Figure 3: Device connection using the Processor Array The Network Interface and Switch within S6000 devices provides routing between AIM ports or to the internal processor itself. The hardware implementation of the switch ensures that Physical, Network, and Transport layers of the network model are handled without software intervention. In this way, S6000 family devices can be formed into arrays of arbitrary topology without regard for the underlying communication infrastructure. Session layers are handled by Stretch PA-BIOS calls that ensure efficient and high bandwidth communication. Figure 4: The Processor Array network Implementation In the S6000 family of devices, the AIM and I/O features for any particular side of the device are multiplexed onto a common set of pins. In this way, device package size is reduced to a minimum and the flexibility to select between inter-device connectivity or I/O system connectivity is

retained. A simple configuration option in the development environment is used to select the appropriate interface and to describe the system topology. In this way, the optimum mix of I/O and processing bandwidth can be selected for any desired system. The S6000 I/O Infrastructure Rich I/O interfaces minimize system costs and complexity The highly accelerated processing capabilities of the S6000 family of devices make it ideally suited for single-chip video and audio processing applications. To minimize system BOM costs, Stretch has also integrated a comprehensive set of I/O standards directly into the devices to give the S6000 family the capability of interfacing directly to a wide variety of audio/video devices and system busses without glue logic. Among the rich set of I/O interfaces are: Quad Data Port Four 10-bit data ports are included. Each is designed to interface directly to common video devices as well as sensors and video encoders or decoders from industry leading manufacturers. These ports can be used in native data mode where they are backed by their own independent FIFOs or they can be used in a variety of video modes. In video modes they handle BT656 and BT1120 data directly, or they can handle raw video with associated sync pulses in a variety of color spaces or chroma sampling ratios.

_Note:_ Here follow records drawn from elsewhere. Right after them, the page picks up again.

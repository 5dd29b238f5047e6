-- ===== src/Lib.antt =====
-- The control firmware of a hot tub: an ESP32-S3 with a heater, a pump, sensors, and web and BLE clients.
--
-- Parts. The task of components/hot_tub_controller runs once a second: it copies the shared state,
-- filters the temperature, counts two timers down, and decides on heater and pump with a pre-run
-- of the pump before heating, a post-run after it, and a lockout after a manual stop; then it
-- writes its copy back. Clients change the same shared state through the commands of
-- components/json_service, which call its setters; every setter asks the persistence task to save
-- the settings to the non-volatile storage. components/wifi_manager connects to the network of the
-- stored credentials or serves a recovery access point, and tries new credentials before it stores
-- them. components/web_server serves the files of the web page and broadcasts the status to its
-- WebSocket clients. components/ble_service takes commands of a BLE client, which reach the Wi-Fi
-- manager and the updates of components/ota_manager over a secure connection only, and sends it
-- long messages in frames. components/app_watchdog gathers a feed from each registered task and
-- feeds the RTC watchdog when its quorum is met. At boot app_start of components/app_controller
-- starts the parts one after the other, and components/ota_manager counts the starts of a new
-- image in the storage of components/nvs_storage, which also keeps the Wi-Fi credentials.
--
-- Files, with the code that each models:
--   Base (Tests, Lists, Int, Text)  shared names, lists, signed integers and strings
--   Esp                             the result codes of ESP-IDF
--   Float (Ops, Fixed)              float and double as an interface, and an instance that runs
--   HotTub                          components/hot_tub_controller:
--     State                         include/hot_tub_globals.h, HotTubController_t and its enumerations
--     Persist                       src/hot_tub_controller_nvs.c, and the lock and the snapshots of
--                                   src/hot_tub_struct_io.c
--     StructIo                      src/hot_tub_struct_io.c, each setter and getter under its name
--                                   without hot_tub_controller_
--     Settings                      src/hot_tub_controller.c: verify_*, the temperature filter,
--                                   load_saved_settings
--     Control                       src/hot_tub_controller.c: hot_tub_controller_main_task; the stages
--                                   of a round have the numbers of the comments there, run_rounds and
--                                   control_cycle are its loop
--     Callbacks                     src/hot_tub_callbacks.c: Params, Getters, Setters, Table; Dispatch,
--                                   NoParam and Effects hold their lemmas
--     Stages, Safety, Heating, PostRun, Lockout, Bounds, Manual, Progress   lemmas on Control
--     Sensor                        src/hot_tub_ds18b20.c: opening, reading and releasing the sensor
--     Monitor, Polling              src/hot_tub_ds18b20.c and src/hot_tub_sim.c: the monitoring task,
--                                   its lemmas, and the simulation
--     Persistence                   lemmas on Persist, StructIo and Control together
--   Json                            components/json_service/src/json_service.c: Items is the interface
--                                   to cJSON, Registry the registry and the dispatcher, Rpc the reading
--                                   of a message with a lemma, Envelope and
--                                   Decimal the CRC32 envelope, Plain an instance of the interface
--                                   that runs
--   Watchdog                        components/app_watchdog/src/app_watchdog.c: Slots (the statics and
--                                   the masks), Ops (the operations), Report (the
--                                   status, with its lemmas), Calls (sequences of calls); Invariant, PreserveFeed,
--                                   Preserve, Starve, Fallback, Waiting and Rounds hold the
--                                   lemmas
--   Storage                         components/nvs_storage/src/nvs_storage.c: Driver (the interface to the
--                                   storage of ESP-IDF, open_storage), Credentials, BootFailures; Memory
--                                   is an instance that runs, RoundTrip and Restart hold the lemmas
--   Ota                             components/ota_manager/src/ota_manager.c: Boot has
--                                   ota_manager_note_boot and ota_manager_mark_app_ready, Rollback the
--                                   lemmas; Urls, Images, Update and Requests have the update, Complete
--                                   its lemmas
--   Wifi                            components/wifi_manager/src/wifi_manager.c: State (the statics),
--                                   Events (the event handler, the requests and the retry timer),
--                                   Attempts (process_sta_attempt, enter_ap_fallback), Trial and
--                                   Provision (the trial of credentials, its rollback, the fallback
--                                   retry), Start (wifi_manager_start), Steps (the worker task, and
--                                   the relation of the reachable states); Modes, Waits, Invariant,
--                                   Preserve, Reached, Rollback, Outcome, Exhaust and Recovery hold
--                                   the lemmas
--   WebServer                       components/web_server/src/web_server.c: Clients (the table of
--                                   WebSocket clients and its critical sections), Acts (the operations,
--                                   with the steps of other tasks between their critical sections),
--                                   Broadcast (web_server_broadcast_json, and sequences of calls),
--                                   Files (mount_littlefs, file_etag), Serve (send_file, ws_handler);
--                                   Table, Sound, Sends, Closed, Broadcasts, Stale,
--                                   Late and Etags hold the lemmas
--   Led                             components/rgb_led/src/rgb_led.c
--   App                             components/app_controller/src/app_controller.c: Start (app_start),
--                                   Boots the lemmas on its boots with the boot check
--   Ble                             components/ble_service/src/ble_service.c: Frames
--                                   (ble_service_send_chunked), Text (trim_in_place,
--                                   str_equals_ignore_case, the texts of the commands), Commands (the
--                                   JSON requests), Rx (rx_access_cb, the text commands, the ends of
--                                   what they start); Sizes, Reassemble and Secure hold the lemmas
--
-- How the code is read. A function that changes statics takes the state and returns it. A critical
-- section is one step, and whether a timed lock is had, and what a call of the platform answers,
-- are arguments. What other tasks do between two rounds is free: run_rounds takes the list of the
-- snapshots that the rounds read, and the worker of Wifi takes lists of the acts of other tasks
-- between its critical sections; an act is one step, also where it sends to the queue after its
-- critical section. control_cycle, and the operations of WebServer, take in the same way what
-- other tasks do between their steps. A C int is an integer without bounds, which the timers do
-- not need (both stay in 0 to 20 under the conditions of HotTub.Bounds). float and double have no
-- fixed format: a lemma on control flow holds for every interpretation of them, and the one law
-- that is used, on the cast to int, is a field of FloatLaws with an instance. A char array is the
-- list of its bytes. The feed masks are lists of eight bits. Every loop is over a list or a number
-- that is given, except that printing a number has ten digits as its fuel, which is enough for 32
-- bits.
--
-- Not modelled: the publishing of the status and the time component; app_main and the checks of
-- the memory; the advertising, the connections and the texts of the messages of the BLE service,
-- and its start; the start of the HTTP server with its list of URIs; the messages of an update as
-- JSON; the configuration records for the Wi-Fi driver; the text format of JSON and the failures
-- of its allocations; logging; the scheduling of the tasks beyond the steps above; the registers
-- of the watchdog timers.
pub mod Base
pub mod Esp
pub mod Float
pub mod HotTub
pub mod Watchdog
pub mod Json
pub mod Storage
pub mod Ota
pub mod Wifi
pub mod WebServer
pub mod Ble
pub mod Led
pub mod App
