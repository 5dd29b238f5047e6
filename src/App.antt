-- ===== src/App.antt =====
-- components/app_controller: the start of the application, and how it acts with the boot check.
pub mod Start
pub mod Boots
mod Tests
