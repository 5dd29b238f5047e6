-- ===== src/Esp.antt =====
-- `esp_err_t`: the ESP-IDF result codes that the components return and compare.
use esp32_s3_hot_tub_base.Base.{ℕ, Bool, true, false}

-- A code that no component tests by name is `other`.
pub data EspErr : Type 0 where
  ok fail no_mem invalid_arg invalid_state invalid_size invalid_response : EspErr
  not_found timeout : EspErr
  nvs_not_found nvs_no_free_pages nvs_new_version_found ota_rollback_invalid_state : EspErr
  other : ℕ → EspErr

-- `err == ESP_OK`
abbrev pub is_ok : EspErr → Bool
is_ok ok = true
is_ok _ = false
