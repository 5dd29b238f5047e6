-- ===== src/Base/Text.antt =====
-- C strings that are only compared as a whole: `strcmp(a, b) == 0`.
use esp32_s3_hot_tub_base.Base.{◌≡◌, ◌↔◌, Bool, true}
use text.Mathlib.Text
use text.Mathlib.TextEquality.{eq_iff}
pub use Prim.Native.String.{String}

abbrev pub same_text : String → String → Bool
same_text a b = Text.◌==◌ a b

pub same_text_iff : (a b : String) → (same_text a b ≡ true) ↔ (a ≡ b)
same_text_iff a b = eq_iff a b
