-- ===== src/Json/Items.antt =====
-- The interface to cJSON: an object's members, the tests of an item's type, the values read from it,
-- and the building of objects (`add_c_string` adds the C string that starts at an array of bytes). `valuedouble` and `valueint` may be read from an item of any type.
use esp32_s3_hot_tub_base.Base.{ℕ, List, Bool, Option}
use esp32_s3_hot_tub_base.Base.Int.{ℤ}
use esp32_s3_hot_tub_base.Base.Text.{String}

pub record Cjson (Double : Type 0) : Type 1 where
  pub Item : Type 0
  pub get_object_item : Item → String → Option Item
  pub child : Item → Option Item
  pub is_object : Item → Bool
  pub is_true : Item → Bool
  pub is_number : Item → Bool
  pub is_string : Item → Bool
  pub valuedouble : Item → Double
  pub valueint : Item → ℤ
  pub valuestring : Item → Option String
  pub create_object : Item
  pub add_bool : Item → String → Bool → Item
  pub add_number : Item → String → Double → Item
  pub add_string : Item → String → String → Item
  pub add_c_string : Item → String → List ℕ → Item
  pub add_item : Item → String → Item → Item
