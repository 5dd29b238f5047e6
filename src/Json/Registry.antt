-- ===== src/Json/Registry.antt =====
-- components/json_service/src/json_service.c: the registry of commands and the dispatcher. A
-- callback is a function of the message and of the state that it may change.
use esp32_s3_hot_tub_base.Base.{
  ℕ, Bool, true, false, List, [], ◌∷◌, ◌++◌, Option, none, some, ◌==◌, if◌then◌else◌,
}
use esp32_s3_hot_tub_base.Base.Text.{String, same_text}
use esp32_s3_hot_tub_base.Json.Items.{Cjson}

-- `json_command_entry_t`, for a state `S`.
pub record Entry (S Item : Type 0) : Type 0 where
  pub cmd_string : String
  pub callback : Item → S → S × Item
  pub target_core : ℕ

module _ {S Item : Type 0} where
  -- `json_service_register_command`, by whether the array could grow.
  unfoldable pub register_command :
      Bool → String → (Item → S → S × Item) → ℕ → List (Entry S Item) → List (Entry S Item) × Bool
  register_command grown cmd callback core registry =
      if grown
      then (
        registry ++ (record { cmd_string = cmd; callback = callback; target_core = core } ∷ []),
        true,
      )
      else (registry, false)

  -- The loop of the dispatcher: the first entry with the command, run if it is for core 0.
  unfoldable pub run_command : List (Entry S Item) → String → Item → S → S × Item
  run_command [] cmd root s = (s, root)
  run_command (e ∷ es) cmd root s =
      let rest = run_command es cmd root s in
      if same_text cmd e.cmd_string
      then (if e.target_core == 0 then e.callback root s else (s, root))
      else rest

-- The text of a member that is a string.
unfoldable pub string_member : {D : Type 0} (js : Cjson D) → js.Item → String → Option String
string_member js root name = elim (js.get_object_item root name) [
  | none ↦ none
  | some item ↦ if js.is_string item then js.valuestring item else none
]

-- `json_service_dispatcher_core0` of a message that is not NULL.
unfoldable pub dispatcher_core0 :
    {D S : Type 0} (js : Cjson D) → List (Entry S js.Item) → js.Item → S → S × js.Item
unfolding string_member run_command
dispatcher_core0 js registry root s = elim (string_member js root "type") [
  | none ↦ (s, root)
  | some type_str ↦ elim (string_member js root "cmd") [
    | none ↦ (s, root)
    | some cmd_str ↦
        if same_text type_str "req" then run_command registry cmd_str root s else (s, root)
  ]
]
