-- ===== src/Storage/Driver.antt =====
-- The non-volatile storage of ESP-IDF, for the two keys of the namespace `nvs_storage`, and the
-- opening of it.
use esp32_s3_hot_tub_base.Base.{ℕ, ◌≡◌, ◌^◌, ◌<◌, Bool, true, false, List, length, if◌then◌else◌}
use esp32_s3_hot_tub_base.Esp.{EspErr, ok, nvs_no_free_pages, nvs_new_version_found, is_ok}

-- A call returns its code and the flash after it, a read its code and the value. A failed
-- `nvs_flash_erase` aborts the program, so there is no state after it.
pub record NvsStore : Type 1 where
  pub Flash : Type 0
  pub flash_init : Flash → EspErr × Flash
  pub flash_erase : Flash → Flash
  pub nvs_open : Flash → EspErr × Flash
  pub blob_size : Flash → EspErr × ℕ
  pub get_blob : Flash → EspErr × List ℕ
  pub set_blob : List ℕ → Flash → EspErr × Flash
  pub get_u32 : Flash → EspErr × ℕ
  pub set_u32 : ℕ → Flash → EspErr × Flash
  pub commit : Flash → EspErr × Flash

-- What was written and committed is what is read, with its size.
pub record NvsStoreLaws (nvs : NvsStore) : Type 0 where
  pub blob_back :
      (b : List ℕ) (f : nvs.Flash)
      → (nvs.set_blob b f).0 ≡ ok
      → (nvs.commit (nvs.set_blob b f).1).0 ≡ ok
      → let written = (nvs.commit (nvs.set_blob b f).1).1 in
        (nvs.blob_size written ≡ (ok, length b)) × (nvs.get_blob written ≡ (ok, b))
  pub u32_back :
      (n : ℕ) (f : nvs.Flash)
      → n < 2 ^ 32
      → (nvs.set_u32 n f).0 ≡ ok
      → (nvs.commit (nvs.set_u32 n f).1).0 ≡ ok
      → nvs.get_u32 (nvs.commit (nvs.set_u32 n f).1).1 ≡ (ok, n)

-- Initializing the storage after a restart and opening it succeed, and keep the blob.
pub record NvsReopens (nvs : NvsStore) : Type 0 where
  pub init_ok : (f : nvs.Flash) → (nvs.flash_init f).0 ≡ ok
  pub init_size : (f : nvs.Flash) → nvs.blob_size (nvs.flash_init f).1 ≡ nvs.blob_size f
  pub init_blob : (f : nvs.Flash) → nvs.get_blob (nvs.flash_init f).1 ≡ nvs.get_blob f
  pub open_ok : (f : nvs.Flash) → (nvs.nvs_open f).0 ≡ ok
  pub open_size : (f : nvs.Flash) → nvs.blob_size (nvs.nvs_open f).1 ≡ nvs.blob_size f
  pub open_blob : (f : nvs.Flash) → nvs.get_blob (nvs.nvs_open f).1 ≡ nvs.get_blob f

-- `s_initialized`, with the flash behind the handle.
pub record Storage (nvs : NvsStore) : Type 0 where
  pub initialized : Bool
  pub flash : nvs.Flash

-- `err == ESP_ERR_NVS_NO_FREE_PAGES || err == ESP_ERR_NVS_NEW_VERSION_FOUND`
abbrev pub needs_erase : EspErr → Bool
needs_erase nvs_no_free_pages = true
needs_erase nvs_new_version_found = true
needs_erase other_code = false

module _ (nvs : NvsStore) where
  open nvs use {Flash, flash_init, flash_erase, nvs_open}

  -- `nvs_flash_init`, once more after an erase if the partition cannot be used.
  unfoldable pub init_or_erase : Flash → EspErr × Flash
  init_or_erase f =
      let (err, f') = flash_init f in
      if needs_erase err then flash_init (flash_erase f') else (err, f')

  unfoldable pub open_storage : Storage nvs → EspErr × Storage nvs
  unfolding init_or_erase
  open_storage s =
      if s.initialized
      then (ok, s)
      else (let (err, f) = init_or_erase s.flash in
          if is_ok err
          then (let (err', f') = nvs_open f in
              if is_ok err'
              then (ok, record { initialized = true; flash = f' })
              else (err', record { initialized = false; flash = f' }))
          else (err, record { initialized = false; flash = f }))

  -- The storage after a restart: the flash as it was, and not initialized.
  abbrev pub restarted : Storage nvs → Storage nvs
  restarted s = record s { initialized = false }
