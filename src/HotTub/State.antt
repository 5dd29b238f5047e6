-- ===== src/HotTub/State.antt =====
-- components/hot_tub_controller/include/hot_tub_globals.h: the controller's state and its
-- enumerations, and C strings in fixed arrays.
use esp32_s3_hot_tub_base.Base.{
  ℕ, zero, suc, ◌-◌, ◌%◌, ◌^◌, Bool, true, false, List, [], ◌∷◌, ◌++◌, length, take, drop,
  replicate, ◌==◌, if◌then◌else◌,
}
use esp32_s3_hot_tub_base.Base.Int.{ℤ, pos, negsuc}

-- `pump_state_t`. An object of the C type can hold any integer: `other` is one with no name.
pub data PumpState : Type 0 where
  pump_off pump_low pump_high : PumpState
  pump_other : ℤ → PumpState

-- `(pump_state_t)n`
unfoldable pub pump_of_int : ℤ → PumpState
pump_of_int (pos zero) = pump_off
pump_of_int (pos (suc zero)) = pump_low
pump_of_int (pos (suc (suc zero))) = pump_high
pump_of_int n = pump_other n

-- `(int)state`
abbrev pub pump_to_int : PumpState → ℤ
pump_to_int pump_off = pos 0
pump_to_int pump_low = pos 1
pump_to_int pump_high = pos 2
pump_to_int (pump_other n) = n

-- The value of an enumeration of type `unsigned int` as a number.
abbrev pub as_unsigned : ℤ → ℤ
as_unsigned (pos n) = pos (n % 2 ^ 32)
as_unsigned (negsuc n) = pos (2 ^ 32 - 1 - n % 2 ^ 32)

-- `sim_mode_t`
pub data SimMode : Type 0 where
  sim_none sim_manual sim_physics sim_triangle : SimMode
  sim_other : ℤ → SimMode

-- `(sim_mode_t)n`
unfoldable pub sim_of_int : ℤ → SimMode
sim_of_int (pos zero) = sim_none
sim_of_int (pos (suc zero)) = sim_manual
sim_of_int (pos (suc (suc zero))) = sim_physics
sim_of_int (pos (suc (suc (suc zero)))) = sim_triangle
sim_of_int n = sim_other n

-- `(int)mode`
abbrev pub sim_to_int : SimMode → ℤ
sim_to_int sim_none = pos 0
sim_to_int sim_manual = pos 1
sim_to_int sim_physics = pos 2
sim_to_int sim_triangle = pos 3
sim_to_int (sim_other n) = n

-- `state == PUMP_OFF`
abbrev pub is_off : PumpState → Bool
is_off pump_off = true
is_off _ = false

-- `mode == SIM_NONE`
abbrev pub is_sim_none : SimMode → Bool
is_sim_none sim_none = true
is_sim_none _ = false

-- `HotTubController_t` over the type of its `float` fields; a `char` array is the list of its bytes.
pub record HotTub (F : Type 0) : Type 0 where
  pub safety_switch : Bool
  pub heater_on : Bool
  pub auto_mode : Bool
  pub temp_unit_celsius : Bool
  pub pump_on_light : Bool
  pub heater_on_light : Bool
  pub water_temp : F
  pub filtered_water_temp : F
  pub air_temp : F
  pub humidity : F
  pub setpoint_temp : F
  pub low_pass_filter_alpha : F
  pub high_hysteresis : F
  pub low_hysteresis : F
  pub pump_pre_run_time : F
  pub pump_post_run_time : F
  pub pump_state : PumpState
  pub initial_start_time : List ℕ
  pub last_update_time : List ℕ
  pub simulation_mode : SimMode
  pub error_code : ℤ

-- `TIME_BUFFER_SIZE`
abbrev pub time_buffer_size : ℕ
time_buffer_size = 32

-- The C string that starts at an array: the bytes before the first NUL.
unfoldable pub c_string : List ℕ → List ℕ
c_string [] = []
c_string (b ∷ bs) = if b == 0 then [] else b ∷ c_string bs

-- `strncpy(dst, src, n)`: at most n bytes of the string, then NULs up to n; the rest of `dst` stays.
unfoldable pub strncpy : List ℕ → List ℕ → ℕ → List ℕ
strncpy dst src n = let s = c_string src in take n s ++ (replicate (n - length s) 0 ++ drop n dst)
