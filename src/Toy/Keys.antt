-- ===== src/Toy/Keys.antt =====
-- A platform made of these parts, security keys for it, and the calls that the tests run.
use touchvault.Base.{
  ℕ, ◌+◌, ◌==◌, Option, if◌then◌else◌, Bytes, Bool, true, false, none, some, [], ◌∷◌, ◌++◌,
}
use touchvault.Base.{codes, contains, list_Eq, length, ◌<◌, take, list_eq, nat_Eq, ◌≡◌, refl, arith}
use touchvault.Errors.{ok, err, no_prf}
use touchvault.Authenticator.{Authenticator, EnrollResult, DeriveRequest, DeriveResult}
use touchvault.Platform.{Platform, IsFullRead, NeverFails}
use touchvault.Platform.Certificates.{Certs, Decodes, PemBlock}
use touchvault.World.{World}
use touchvault.Attestation.{packed_format, cose_alg_es256}
use touchvault.Entropy.Gate.{Truncates}
use touchvault.Vault.Options.{Options}
use touchvault.Toy.Codec.{toy_json}
use touchvault.Toy.Cipher.{toy_crypto, fit, length-fit}

-- A block is one byte, and a byte of 0 is a key.
abbrev toy_pem : Bytes → Option (PemBlock × Bytes)
toy_pem [] = none
toy_pem (n ∷ rest) =
    let kind = if n == 0 then codes "PRIVATE KEY" else codes "CERTIFICATE" in
    some (record { kind = kind; content = n ∷ [] }, rest)

-- A certificate is its bytes and its own public key, and a signature is what it signs.
abbrev pub toy_certs : Certs
toy_certs = record {
  Certificate = Bytes;
  Pool = Bytes;
  PublicKey = Bytes;
  parse_certificate = λ der. some der;
  chains = λ leaf roots intermediates. list_eq leaf roots;
  ecdsa_key = λ c. some c;
  extensions = λ c. [];
  verify_asn1 = λ k digest signature. list_eq digest signature;
  octet_string = λ b. some b;
  pem_decode = toy_pem;
  pool_from_pem = λ b. b;
  clone = λ pool. pool;
  subject_name = λ c. c;
  issuer_name = λ c. c;
  not_after = λ c. codes "2030-01-01";
  parse_failure = λ der. codes "malformed";
  quoted = λ t. b'"' ∷ t ++ (b'"' ∷ []);
  roots_pem = 5 ∷ [];
  intermediates_pem = 0 ∷ 6 ∷ [];
}

pub toy-Decodes : Decodes toy_certs
toy-Decodes = record { rest_shorter = shorter }
  where
    shorter :
        (input : Bytes) (b : PemBlock) (rest : Bytes)
        → toy_pem input ≡ some (b, rest)
        → length rest < length input
    shorter [] b rest h = absurd (ground arith)
    shorter (n ∷ more) b rest h = ground arith

-- The entropy source counts the reads.
abbrev pub toy : Platform
toy = record {
  Outside = ℕ;
  rand_read = λ n s. (some (fit n (s ∷ [])), s + 1);
  crypto = toy_crypto;
  certs = toy_certs;
  json = toy_json;
}

pub toy-IsFullRead : IsFullRead toy
toy-IsFullRead = record { full = λ n s b h. ground (arith, length-fit n (s ∷ [])) }

pub toy-NeverFails : NeverFails toy
toy-NeverFails = record { drawn = λ n s. (fit n (s ∷ []), refl) }

abbrev pub credential : Bytes → EnrollResult
credential id = record {
  credential_id = id;
  prf_enabled = true;
  resident_key = false;
  attestation_format = packed_format;
  attestation_alg = cose_alg_es256;
  attestation_signature = 1 ∷ 2 ∷ [];
  authenticator_data = 1 ∷ [];
  client_data_hash = 2 ∷ [];
  attestation_certs = (5 ∷ []) ∷ [];
}

abbrev pub key_answer : ℕ → Bytes → Bool → DeriveRequest → DeriveResult
key_answer n id uv req = record {
  secret = take n req.salt ++ id;
  credential_id = id;
  user_present = true;
  user_verified = uv;
}

-- A key with a credential ID, whose output depends on so many bytes of the salt. It answers where
-- its credential is on the allow-list.
abbrev pub key_of : ℕ → Bytes → Bool → Authenticator ℕ
key_of n id uv = record {
  enroll = λ req s. (ok (credential id), s + 1);
  derive = λ req s.
      (if contains req.credential_ids id then ok (key_answer n id uv req) else err no_prf, s + 1);
}

abbrev pub first_key : Authenticator ℕ
first_key = key_of 32 (7 ∷ []) true

abbrev pub second_key : Authenticator ℕ
second_key = key_of 32 (8 ∷ []) true

-- A key that reads one byte less than the whole salt.
abbrev pub short_key : Authenticator ℕ
short_key = key_of 31 (7 ∷ []) true

pub short_key-Truncates : Truncates short_key 31
short_key-Truncates = record {
  output = λ rpid ids uv salt. salt ++ (7 ∷ []);
  truncated = λ req s got h. ground arith;
}

abbrev pub toy_options : Options toy
toy_options = record { rpid = codes "acme"; rp_name = []; roots = none; label = [] }

abbrev pub start : World toy
start = record { outside = 40; gestures = [] }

GMAC A triple speed 10/100/1000 Ethernet MAC is included for seamless integration with high speed data networks. Serial Interfaces A variety of serial ports ensures compatibility with external interface standards and provides for configuration and control. Two-wire Interface (TWI) and SPI are used for control and configuration of other devices. I 2 S provides for audio I/O, and two general purpose UARTs can be configured for many interfaces, including IR. Test and configuration can be achieved through an IEEE1149.1 JTAG interface. DDR Interface A 32-bit DDR2 667 SDRAM interface is included to ensure the memory bandwidth meets the demands of high performance video applications. egib/gpio The Enhanced Generic Interface Bus (egib) is designed for communication with memory-mapped devices, and has specific modes for

communication with removable memory devices such as Compact Flash. GPIO can be used to provide user-defined I/O requirements and system signals such as interrupts, displays, and key pads. Conclusion Unlocking the true potential of software configurable processing The Stretch S6000 devices are the most powerful software configurable processors on the market today. They offer unparalleled performance in the areas of audio/video and wireless data processing. A rich I/O infrastructure and glueless connectivity to system elements opens up performance price points that, until now, have been beyond the reach of system designers. The Processor Array interface, a standard feature on all S6000 family devices, allows for arbitrarily complex networks of devices to be constructed without affecting performance. With its single development environment and transparent board-level scalability, the S6000 family is a natural choice for designers of systems of all sizes.